═════ Available data

-- ===== src/Future/Shared/Refines.antt =====
-- include/future/future.hpp and src/future.cpp: a future as its users see it, and that the states
-- with their locks, flags and calls of continueChain implement it.
use rpcxx.Prelude.{
  ℕ, ◌+◌, ◌≡◌, refl, inl, inr, Option, none, some, List, [], ◌∷◌, ◌==◌, Bool-cases, Option-cases,
  arith,
}
use rpcxx.Json.Access.{Result}
use rpcxx.Future.Cell.{Cell, Notify, fulfil, fulfil_from, claim, is_valid, deref, ref, broken}
use rpcxx.Future.Shared.{
  Shared, start, drive, call_claimed, resolve, drop_promise, Step, copies, resolves, drops, takes,
  forgets, installs, drives_on, Reach, here, next,
}
use rpcxx.Future.Shared.Sound.{Reach-IsSound}
use rpcxx.Future.Shared.Phase.{
  Phase, idle, waiting, called, IsSound, get_future-taken, publish-free, claim-ready,
}

-- A result that is written once, a listener that is set once, and all that has been told, in order.
pub record Promised {ℓ} (A : Type ℓ) : Type ℓ where
  pub result : Option (Result A)
  pub listener : Option Notify
  pub heard : List (Result A)

abbrev pub promised {ℓ} : {A : Type ℓ} → Promised A
promised = record { result = none; listener = none; heard = [] }

-- One move, or none.
pub data Move {ℓ} {A : Type ℓ} (p : Promised A) : Promised A → Type ℓ where
  stays : Move p p
  settles : (r : Result A) → p.result ≡ none → Move p (record p { result = some r })
  listens : (n : Notify) → p.listener ≡ none → Move p (record p { listener = some n })
  hears :
      (n : Notify) (r : Result A)
      → p.result ≡ some r
      → p.listener ≡ some n
      → p.heard ≡ []
      → Move p (record p { heard = r ∷ [] })

pub data Moves {ℓ} {A : Type ℓ} (p : Promised A) : Promised A → Type ℓ where
  begun : Moves p p
  moved : {q r : Promised A} → Moves p q → Move q r → Moves p r

module _ {ℓ} {A : Type ℓ} where
  -- The listener is the continuation that waits, or the one that was called.
  unfoldable pub listener_of : Option Notify → List (Notify × Result A) → Option Notify
  listener_of (some n) calls = some n
  listener_of none [] = none
  listener_of none ((n, r) ∷ calls) = some n

  unfoldable pub heard_of : List (Notify × Result A) → List (Result A)
  heard_of [] = []
  heard_of ((n, r) ∷ calls) = r ∷ heard_of calls

  unfoldable pub seen : Shared A → Promised A
  unfolding listener_of heard_of
  seen s = record {
    result = s.cell.outcome;
    listener = listener_of s.cell.notify s.calls;
    heard = heard_of s.calls;
  }

  fulfil-Move :
      (r : Result A) (s : Shared A) (n : ℕ)
      → Move (seen s) (seen (record s { cell = (fulfil r s.cell).1; drives = n }))
  unfolding fulfil fulfil_from seen
  fulfil-Move r s n = elim (Option-cases s.cell.outcome) [
    | inl e ↦ rw e (settles r refl)
    | inr (o, e) ↦ rw e stays
  ]

  drop-Move : (s : Shared A) → Move (seen s) (seen (drop_promise s))
  unfolding drop_promise deref is_valid seen fulfil fulfil_from
  drop-Move s = elim (Bool-cases (s.cell.promises == 1)) [
    | inr e ↦ rw e stays
    | inl e ↦ elim (Option-cases s.cell.outcome) [
      | inl o ↦ rw (e, o) (settles broken refl)
      | inr (r, o) ↦ rw (e, o) stays
    ]
  ]

  drive-Move :
      (s : Shared A) (o : Option (Notify × Result A × Cell A))
      → Phase s
      → claim s.cell ≡ o
      → Move (seen s) (seen (call_claimed o s))
  unfolding seen call_claimed
  drive-Move s none p e = stays
  drive-Move s (some (n, r, c)) (idle m k t) e = absurd (ground (arith, claim-ready s.cell c n r e))
  drive-Move s (some (n, r, c)) (called m q k z o d t) e =
      absurd (ground (arith, claim-ready s.cell c n r e))
  drive-Move s (some (n, r, c)) (waiting m q k d t w) e =
      let got = claim-ready s.cell c n r e in rw (got.2, k, got.1, got.0) (hears n r refl refl refl)

  Step-Move : {s t : Shared A} → Phase s → Step s t → Move (seen s) (seen t)
  unfolding seen ref resolve drive
  Step-Move p (copies q) = stays
  Step-Move {s = s} p (resolves r q) = fulfil-Move r s (s.drives + 1)
  Step-Move {s = s} p (drops q) = drop-Move s
  Step-Move {s = s} p (takes c q e) = rw (get_future-taken s.cell c e).1 stays
  Step-Move p (forgets e) = stays
  Step-Move {s = s} (idle m k t) (installs exec n chain c held e) =
      let free = publish-free exec n chain s.cell c e in rw (free.1, k, m) (listens n refl)
  Step-Move {s = s} (waiting m q k d t w) (installs exec n chain c held e) = absurd (ground arith)
  Step-Move {s = s} (called m r q k o d t) (installs exec n chain c held e) = absurd (ground arith)
  Step-Move {s = s} p (drives_on q) = drive-Move s (claim s.cell) p refl

  -- Every run of a state, from a new promise on and in whatever order its threads come, is seen
  -- from outside as a run of a result that is written once, a listener that is set once, and the
  -- listener being told this result once, after both are there. What is seen as told is the list of
  -- the results of all calls of continuations.
  pub Reach-Moves : {s : Shared A} → Reach start s → Moves promised (seen s)
  unfolding seen IsSound
  Reach-Moves here = begun
  Reach-Moves (next r st) = moved (Reach-Moves r) (Step-Move (Reach-IsSound r).0 st)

══════════

How to complete this task -
Can you reproduce all the material exactly?

Solution for this task -
-- ===== src/Future/Shared/Refines.antt =====
-- include/future/future.hpp and src/future.cpp: a future as its users see it, and that the states
-- with their locks, flags and calls of continueChain implement it.
use rpcxx.Prelude.{
  ℕ, ◌+◌, ◌≡◌, refl, inl, inr, Option, none, some, List, [], ◌∷◌, ◌==◌, Bool-cases, Option-cases,
  arith,
}
use rpcxx.Json.Access.{Result}
use rpcxx.Future.Cell.{Cell, Notify, fulfil, fulfil_from, claim, is_valid, deref, ref, broken}
use rpcxx.Future.Shared.{
  Shared, start, drive, call_claimed, resolve, drop_promise, Step, copies, resolves, drops, takes,
  forgets, installs, drives_on, Reach, here, next,
}
use rpcxx.Future.Shared.Sound.{Reach-IsSound}
use rpcxx.Future.Shared.Phase.{
  Phase, idle, waiting, called, IsSound, get_future-taken, publish-free, claim-ready,
}

-- A result that is written once, a listener that is set once, and all that has been told, in order.
pub record Promised {ℓ} (A : Type ℓ) : Type ℓ where
  pub result : Option (Result A)
  pub listener : Option Notify
  pub heard : List (Result A)

abbrev pub promised {ℓ} : {A : Type ℓ} → Promised A
promised = record { result = none; listener = none; heard = [] }

-- One move, or none.
pub data Move {ℓ} {A : Type ℓ} (p : Promised A) : Promised A → Type ℓ where
  stays : Move p p
  settles : (r : Result A) → p.result ≡ none → Move p (record p { result = some r })
  listens : (n : Notify) → p.listener ≡ none → Move p (record p { listener = some n })
  hears :
      (n : Notify) (r : Result A)
      → p.result ≡ some r
      → p.listener ≡ some n
      → p.heard ≡ []
      → Move p (record p { heard = r ∷ [] })

pub data Moves {ℓ} {A : Type ℓ} (p : Promised A) : Promised A → Type ℓ where
  begun : Moves p p
  moved : {q r : Promised A} → Moves p q → Move q r → Moves p r

module _ {ℓ} {A : Type ℓ} where
  -- The listener is the continuation that waits, or the one that was called.
  unfoldable pub listener_of : Option Notify → List (Notify × Result A) → Option Notify
  listener_of (some n) calls = some n
  listener_of none [] = none
  listener_of none ((n, r) ∷ calls) = some n

  unfoldable pub heard_of : List (Notify × Result A) → List (Result A)
  heard_of [] = []
  heard_of ((n, r) ∷ calls) = r ∷ heard_of calls

  unfoldable pub seen : Shared A → Promised A
  unfolding listener_of heard_of
  seen s = record {
    result = s.cell.outcome;
    listener = listener_of s.cell.notify s.calls;
    heard = heard_of s.calls;
  }

  fulfil-Move :
      (r : Result A) (s : Shared A) (n : ℕ)
      → Move (seen s) (seen (record s { cell = (fulfil r s.cell).1; drives = n }))
  unfolding fulfil fulfil_from seen
  fulfil-Move r s n = elim (Option-cases s.cell.outcome) [
    | inl e ↦ rw e (settles r refl)
    | inr (o, e) ↦ rw e stays
  ]

  drop-Move : (s : Shared A) → Move (seen s) (seen (drop_promise s))
  unfolding drop_promise deref is_valid seen fulfil fulfil_from
  drop-Move s = elim (Bool-cases (s.cell.promises == 1)) [
    | inr e ↦ rw e stays
    | inl e ↦ elim (Option-cases s.cell.outcome) [
      | inl o ↦ rw (e, o) (settles broken refl)
      | inr (r, o) ↦ rw (e, o) stays
    ]
  ]

  drive-Move :
      (s : Shared A) (o : Option (Notify × Result A × Cell A))
      → Phase s
      → claim s.cell ≡ o
      → Move (seen s) (seen (call_claimed o s))
  unfolding seen call_claimed
  drive-Move s none p e = stays
  drive-Move s (some (n, r, c)) (idle m k t) e = absurd (ground (arith, claim-ready s.cell c n r e))
  drive-Move s (some (n, r, c)) (called m q k z o d t) e =
      absurd (ground (arith, claim-ready s.cell c n r e))
  drive-Move s (some (n, r, c)) (waiting m q k d t w) e =
      let got = claim-ready s.cell c n r e in rw (got.2, k, got.1, got.0) (hears n r refl refl refl)

  Step-Move : {s t : Shared A} → Phase s → Step s t → Move (seen s) (seen t)
  unfolding seen ref resolve drive
  Step-Move p (copies q) = stays
  Step-Move {s = s} p (resolves r q) = fulfil-Move r s (s.drives + 1)
  Step-Move {s = s} p (drops q) = drop-Move s
  Step-Move {s = s} p (takes c q e) = rw (get_future-taken s.cell c e).1 stays
  Step-Move p (forgets e) = stays
  Step-Move {s = s} (idle m k t) (installs exec n chain c held e) =
      let free = publish-free exec n chain s.cell c e in rw (free.1, k, m) (listens n refl)
  Step-Move {s = s} (waiting m q k d t w) (installs exec n chain c held e) = absurd (ground arith)
  Step-Move {s = s} (called m r q k o d t) (installs exec n chain c held e) = absurd (ground arith)
  Step-Move {s = s} p (drives_on q) = drive-Move s (claim s.cell) p refl

  -- Every run of a state, from a new promise on and in whatever order its threads come, is seen
  -- from outside as a run of a result that is written once, a listener that is set once, and the
  -- listener being told this result once, after both are there. What is seen as told is the list of
  -- the results of all calls of continuations.
  pub Reach-Moves : {s : Shared A} → Reach start s → Moves promised (seen s)
  unfolding seen IsSound
  Reach-Moves here = begun
  Reach-Moves (next r st) = moved (Reach-Moves r) (Step-Move (Reach-IsSound r).0 st)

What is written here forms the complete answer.